Now, let's consider the dilution process. We know that 1.00 L of the original solution was diluted to make 12.0 L of the final solution. By the principle of dilution, the number of moles of zinc in both solutions remains the same.
Therefore, the moles of zinc iodide in the original solution are also 6.00 moles.
Next, we need to calculate the mass of zinc added to make the original solution. We can use the atomic mass of zinc to convert the moles of zinc into grams.
The atomic mass of zinc (Zn) is approximately 65.38 g/mol.
mass of zinc = moles of zinc × atomic mass of zinc
mass of zinc = 6.00 moles × 65.38 g/mol = 392.3 grams
Therefore, approximately 392.3 grams of zinc was added to make the original solution.
To find the mass of zinc added to make the original solution, we need to use the information given and perform some calculations.
Let's break down the problem step by step:
Step 1: Find the number of moles of zinc iodide in the 1.00 L solution.
The given concentration of the 1.00 L solution is 0.50 M, which means there are 0.50 moles of zinc iodide for every 1 L of solution.
Therefore, the number of moles in the 1.00 L solution is 0.50 moles.
Step 2: Calculate the number of moles in the original solution.
Since we were given that 1.00 L of the original solution was diluted to make 12.0 L, we can think of it as a ten-fold dilution.
So, the number of moles in the original solution is 10 times the number of moles in the 1.00 L solution:
Number of moles in the original solution = 10 * 0.50 moles = 5.00 moles.
Step 3: Find the molar mass of zinc iodide.
Zinc iodide is a compound consisting of one zinc atom (Zn) and two iodine atoms (I).

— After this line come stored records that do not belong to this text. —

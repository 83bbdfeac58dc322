-- ===== src/Agent/Approval/Outcome.antt =====
-- What a decision on an approval leaves in the database, on success and on each refusal
-- (app/services/agent_approval_service.py).
use test_platform_backend.Prelude.{
  is_some, Bool-cases, Option-cases, String, ◌⊎◌, inl, inr, ℕ, ◌≡◌, refl, Bool, true, false, Option,
  some, List, arith,
}
use test_platform_backend.Session.{begin, ErrorCode, Result, ok, is_ok, request}
use test_platform_backend.Permission.{User, Access, require_project_access}
use test_platform_backend.Agent.Model.{
  AgentWorkerQueue, AgentApprovalMutationLog, AgentToolCall, AgentApproval, AgentApprovalLineage,
  ApprovalStatus, EventType,
}
use test_platform_backend.Agent.Policy.{require_permissions}
use test_platform_backend.Agent.Approval.Desk.{log_event, Desk, ApprovalDecision}
use test_platform_backend.Agent.Approval.Create.{
  Replacement, Fresh, ToolSpec, supersede_with_replacement, supersede_rows, supersede_blocked,
}
use test_platform_backend.Agent.Approval.Decide.{
  mark_expired_locked, Locked, lock_context, validate_decision, approve, approve_rows, reject,
  reject_rows, expire_approval, detached, other_epoch, is_due, is_approvable,
}

-- The rows of a desk that a decision locks, when all are there.
abbrev pub locked_rows : Locked → Desk → Desk
locked_rows k d = record d {
  journal = some k.journal;
  lineage = some k.lineage;
  call = some k.call;
  approval = some k.approval;
}

-- Everything but the run and its events: of the run, whether it is there.
abbrev pub core :
    Desk
    → Bool
      × Option AgentApprovalLineage
      × Option AgentToolCall
      × Option AgentApproval
      × List AgentWorkerQueue
      × List AgentApprovalMutationLog
      × List (AgentToolCall × AgentApproval)
core d = (is_some d.journal, d.lineage, d.call, d.approval, d.queue, d.mutations, d.past)

pub core-log_event :
    (kind : EventType) (call : Option ℕ) (code : Option ErrorCode) (d : Desk)
    → core (log_event kind call code d) ≡ core d
unfolding log_event
core-log_event kind call code d = ground arith

-- What must hold of the locked rows and of the request for the checks to pass.
pub record Valid (u : User) (access : Access) (p : ApprovalDecision) (now : ℕ) (k : Locked)
    : Type 0 where
  pub member : is_ok (require_project_access u access) ≡ true
  pub permitted : require_permissions u access k.approval.required_permissions ≡ ok tt
  pub pending : k.approval.approval_status ≡ ApprovalStatus.pending
  pub input : k.approval.input_hash ≡ p.input_hash
  pub snapshot : k.approval.runtime_snapshot_id ≡ p.runtime_snapshot_id
  pub scope : k.approval.resource_scope_hash ≡ p.resource_scope_hash
  pub lineage : k.approval.approval_lineage_id ≡ p.approval_lineage_id
  pub epoch : k.approval.approval_epoch ≡ p.approval_epoch
  pub not_due : is_due k.approval.expires_at now ≡ false
  pub approvable : is_approvable k.call.status ≡ true

-- `_lock_context` on rows that are there: it locks them, or raises with nothing written but an
-- event.
lock_context-cases :
    (kind : EventType) (p : ApprovalDecision) (k : Locked) (d : Desk)
    → let (r, s) = lock_context kind p (begin (locked_rows k d)) in
      ((r ≡ ok k)
        × (s ≡ begin (locked_rows k d))
        × (detached k.lineage k.call ≡ false)
        × (other_epoch p k.lineage k.call ≡ false))
      ⊎ ((is_ok r ≡ false) × (core s.saved ≡ core (locked_rows k d)))
unfolding lock_context
lock_context-cases kind p k d = elim (Bool-cases (detached k.lineage k.call)) [
  | inl bad ↦ inr (rw bad refl, rw bad refl)
  | inr good ↦ elim (Bool-cases (other_epoch p k.lineage k.call)) [
    | inl bad ↦ inr (rw (good, bad) refl, rw (good, bad) refl)
    | inr fine ↦ inl (rw (good, fine) refl, rw (good, fine) refl, good, fine)
  ]
]

-- The checks on rows that were locked: they pass and write nothing, or they raise and leave in the
-- database what they found, or, for an approval that is due, the rows marked as expired.
validate_decision-cases :
    (kind : EventType) (u : User) (access : Access) (p : ApprovalDecision) (now : ℕ) (k : Locked)
    (d : Desk)
    → let rows = locked_rows k d in
      let (r, s) = validate_decision kind u access p now k (begin rows) in
      ((r ≡ ok tt) × (s ≡ begin rows) × Valid u access p now k)
      ⊎ ((is_ok r ≡ false) × (core s.saved ≡ core rows))
      ⊎ ((is_ok r ≡ false)
          × (core s.saved ≡ core (mark_expired_locked k.approval k.lineage k.call now rows))
          × (k.approval.approval_status ≡ ApprovalStatus.pending)
          × (is_due k.approval.expires_at now ≡ true))
unfolding validate_decision
validate_decision-cases kind u access p now k d = ground arith

-- A decision that goes through: what `_lock_context` and the checks require.
pub record Decidable (u : User) (access : Access) (p : ApprovalDecision) (now : ℕ) (k : Locked)
    : Type 0 where
  pub attached : detached k.lineage k.call ≡ false
  pub current : other_epoch p k.lineage k.call ≡ false
  pub valid : Valid u access p now k

-- How a decision on rows that are there can end: it goes through and leaves the rows `after`, or
-- it is refused and leaves the rows it found, or it is refused since the approval is due, and
-- leaves it marked as expired.
abbrev pub Ends :
    User → Access → ApprovalDecision → ℕ → Locked → Desk → Desk → Result Unit × Desk → Type 0
Ends u access p now k before after (r, db) =
    ((r ≡ ok tt) × (db ≡ after) × Decidable u access p now k)
    ⊎ ((is_ok r ≡ false) × (core db ≡ core before))
    ⊎ ((is_ok r ≡ false)
        × (core db ≡ core (mark_expired_locked k.approval k.lineage k.call now before))
        × (k.approval.approval_status ≡ ApprovalStatus.pending)
        × (is_due k.approval.expires_at now ≡ true))

-- On rows that are there, whatever they and the request say, approving ends in one of three ways:
-- it goes through, the checks all hold, and the rows are those approved; it is refused, and of the
-- rows nothing changes but the events; or it is refused since the pending approval is due, and
-- leaves it marked as expired.
pub approve-Ends :
    (u : User) (access : Access) (p : ApprovalDecision) (now fresh : ℕ) (k : Locked) (d : Desk)
    → Ends u access p now k
        (locked_rows k d)
        (approve_rows u p now fresh k (locked_rows k d))
        (request (approve u access p now fresh) (locked_rows k d))
unfolding approve
approve-Ends u access p now fresh k d =
    let kind = EventType.approval_approve_conflict in
    ground (arith, lock_context-cases kind p k d, validate_decision-cases kind u access p now k d)

-- On rows that are there, whatever they and the request say, rejecting ends in one of three ways:
-- it goes through, the checks all hold, and the rows are those rejected; it is refused, and of the
-- rows nothing changes but the events; or it is refused since the pending approval is due, and
-- leaves it marked as expired.
pub reject-Ends :
    (u : User) (access : Access) (p : ApprovalDecision) (now : ℕ) (k : Locked) (d : Desk)
    → Ends u access p now k
        (locked_rows k d)
        (reject_rows u p now k (locked_rows k d))
        (request (reject u access p now) (locked_rows k d))
unfolding reject
reject-Ends u access p now k d =
    let kind = EventType.approval_reject_conflict in
    ground (arith, lock_context-cases kind p k d, validate_decision-cases kind u access p now k d)

-- On rows that are there, expiring changes nothing but events, or the approval is pending and due,
-- and it and its call are marked as expired.
pub expire_approval-cases :
    (now : ℕ) (k : Locked) (d : Desk)
    → let before = locked_rows k d in
      let db = (request (expire_approval now) before).1 in
      (core db ≡ core before)
      ⊎ ((core db ≡ core (mark_expired_locked k.approval k.lineage k.call now before))
          × (k.approval.approval_status ≡ ApprovalStatus.pending)
          × (is_due k.approval.expires_at now ≡ true))
unfolding expire_approval
expire_approval-cases now k d = ground arith

-- What superseding requires of the locked rows and of the request.
pub record Replaceable (u : User) (access : Access) (r : Replacement) (k : Locked) : Type 0 where
  pub pending : k.approval.approval_status ≡ ApprovalStatus.pending
  pub lineage : k.approval.approval_lineage_id ≡ k.lineage.approval_lineage_id
  pub epoch : k.approval.approval_epoch ≡ k.lineage.current_epoch
  pub of_call : k.approval.tool_call_id ≡ k.call.tool_call_id
  pub of_run : r.run_id ≡ k.journal.run.run_id
  pub member : is_ok (require_project_access u access) ≡ true
  pub free : supersede_blocked k.call.status ≡ false

-- On rows that are there, superseding writes nothing when it is refused. When it goes through, the
-- approval was pending, of the lineage, at its current epoch, and of the call; the replacement was
-- for the run, the user had access, the call's status did not forbid it, and the tool was found.
pub supersede-cases :
    (u : User) (access : Access) (r : Replacement) (reason : Option String) (f : Fresh) (now : ℕ)
    (k : Locked) (d : Desk)
    → let before = locked_rows k d in
      let (answer, db) = request (supersede_with_replacement u access r reason f now) before in
      ((is_ok answer ≡ false) × (db ≡ before))
      ⊎ ((spec : ToolSpec) × (r.spec ≡ some spec)
          × (answer ≡ ok tt)
          × (db ≡ supersede_rows k.lineage k.call k.approval k.journal r spec u reason f now before)
          × Replaceable u access r k)
unfolding supersede_with_replacement
supersede-cases u access r reason f now k d = elim (Option-cases r.spec) [
  | inl missing ↦ inl (ground arith)
  | inr (spec, found) ↦ elim (both spec found) [
    | inl refused ↦ inl refused
    | inr (answer, after, checks) ↦ inr (spec, found, answer, after, checks)
  ]
]
  where
    both :
        (spec : ToolSpec)
        → r.spec ≡ some spec
        → let before = locked_rows k d in
          let (answer, db) = request (supersede_with_replacement u access r reason f now) before in
          ((is_ok answer ≡ false) × (db ≡ before))
          ⊎ ((answer ≡ ok tt)
              × (db
                  ≡ supersede_rows k.lineage k.call k.approval k.journal r spec u reason f now
                      before)
              × Replaceable u access r k)
    both spec found = ground arith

To find the molar mass, we need to add up the atomic masses of these atoms.
The atomic mass of zinc (Zn) is 65.38 g/mol, and the atomic mass of iodine (I) is 126.90 g/mol. So, the molar mass of zinc iodide (ZnI2) is:
Molar mass of ZnI2 = (1 * 65.38 g/mol) + (2 * 126.90 g/mol) = 318.18 g/mol.
Step 4: Calculate the mass of zinc in the original solution.
To find the mass of zinc, we need to multiply the number of moles of zinc iodide by the molar mass of zinc iodide:
Mass of zinc = Number of moles * Molar mass = 5.00 moles * 318.18 g/mol = 1590.90 g.
So, the mass of zinc added to make the original solution is 1590.90 grams.